The Tor Project comprises a group of volunteer-operated internet servers which take messages from internet users and forward them to the intended internet website. Typically, an internet website will know the IP address and characteristics of each visitor. With Tor, the internet website thinks that the Tor server is the internet user, when in fact, the Tor server forwards the information back to the actual user without disclosing the identifying data to the website. The Tor Project also provides software: the Tor Browser bundle, a Tor-configured web browser with anonymizing precautions, the Orbot protocol for for Android devices), and Tails, an operating system that is preconfigured to operate Tor safely, and less well-known software. The operating system Whonix is developed independently of the Tor Project, but is alike to its also-Linux-based counterpart Tails in providing a Tor-enabled system with minimal user configuration.

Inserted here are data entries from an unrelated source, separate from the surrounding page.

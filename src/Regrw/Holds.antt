-- ===== src/Regrw/Holds.antt =====
-- The reference count: what taking hold of the hardware and giving it up add to the log.
use nugpgpu.Prelude.{◌+◌, ◌%◌, ◌^◌, Bool, true, false, [], if◌then◌else◌, ◌==◌}
use nugpgpu.Platform.{Platform}
use nugpgpu.Machine.{State, when, trace_in, spin_lock}
use nugpgpu.Machine.Log.{held, free}
use nugpgpu.Machine.Log.Touches.{Touches, Touches-refl, traced-Touches}
use nugpgpu.Regrw.{
  forcewake_get, forcewake_put, forcewake_work, gpu_forcewake_get, gpu_forcewake_put,
}
use nugpgpu.Regrw.Effects.{wake_events, sleep_events, forcewake_get-Touches, forcewake_put-Touches}
use nugpgpu.Regrw.Access.{counted_down, locked, locked-Touches}

module _ {W : Type 0} ⦃p : Platform W⦄ where
  when_force_get-Touches :
      (b : Bool) (s : State W)
      → Touches held (if b then wake_events s.regs else []) s (when b (forcewake_get 0 true) s).1
  when_force_get-Touches true s = forcewake_get-Touches 0 true s
  when_force_get-Touches false s = Touches-refl s

  when_force_put-Touches :
      (b : Bool) (s : State W)
      → (error : Bool) × Touches held
          (if b then sleep_events s.regs error else [])
          s
          (when b (forcewake_put 0 true) s).1
  when_force_put-Touches true s = forcewake_put-Touches 0 true s
  when_force_put-Touches false s = (false, Touches-refl s)

  -- `gpu_forcewake_get` counts up, and wakes the hardware if the count was zero.
  pub gpu_forcewake_get-Touches :
      (s : State W)
      → Touches free
          (locked (if s.forcewake_count == 0 then wake_events s.regs else []))
          (record s { forcewake_count = (s.forcewake_count + 1) % 2 ^ 32 })
          (gpu_forcewake_get s).1
  unfolding gpu_forcewake_get
  gpu_forcewake_get-Touches s =
      let s' : State W = record s { forcewake_count = (s.forcewake_count + 1) % 2 ^ 32 } in
      traced-Touches s' _
        (locked-Touches (trace_in s').1 _ (when_force_get-Touches (s.forcewake_count == 0) _))

  -- `gpu_forcewake_put` counts down, and lets the hardware sleep if the count is then zero.
  pub gpu_forcewake_put-Touches :
      (s : State W)
      → (error : Bool) × Touches free
          (locked (if counted_down s.forcewake_count == 0 then sleep_events s.regs error else []))
          (record s { forcewake_count = counted_down s.forcewake_count })
          (gpu_forcewake_put s).1
  unfolding gpu_forcewake_put
  gpu_forcewake_put-Touches s =
      let s' : State W = record s { forcewake_count = counted_down s.forcewake_count } in
      let (error, h) =
        when_force_put-Touches (counted_down s.forcewake_count == 0)
          (spin_lock (trace_in s').1).1 in
      (error, traced-Touches s' _ (locked-Touches (trace_in s').1 _ h))

  pub forcewake_work-Touches :
      (s : State W)
      → (error : Bool) × Touches free
          (locked (if counted_down s.forcewake_count == 0 then sleep_events s.regs error else []))
          (record s { forcewake_count = counted_down s.forcewake_count })
          (forcewake_work s).1
  unfolding forcewake_work
  forcewake_work-Touches s =
      let s' : State W = record s { forcewake_count = counted_down s.forcewake_count } in
      let (error, h) =
        when_force_put-Touches (counted_down s.forcewake_count == 0) (spin_lock s').1 in
      (error, locked-Touches s' _ h)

Each user's path to a website is formed by three nodes: the guard, the middle and the exit. A unique combination of those three nodes is a circuit. Tor's anonymizing strength lies in its unique encryption scheme. Only the guard node knows the user's IP address, and only the exit node knows the content of the user's communications. It is vital to strengthen Tor's anonymization with additional methods. To stay anonymous, users must enable HTTPS communications so that the nodes cannot spy on the content of their communications, and must also avoid de-anonymizing behavioral giveaways.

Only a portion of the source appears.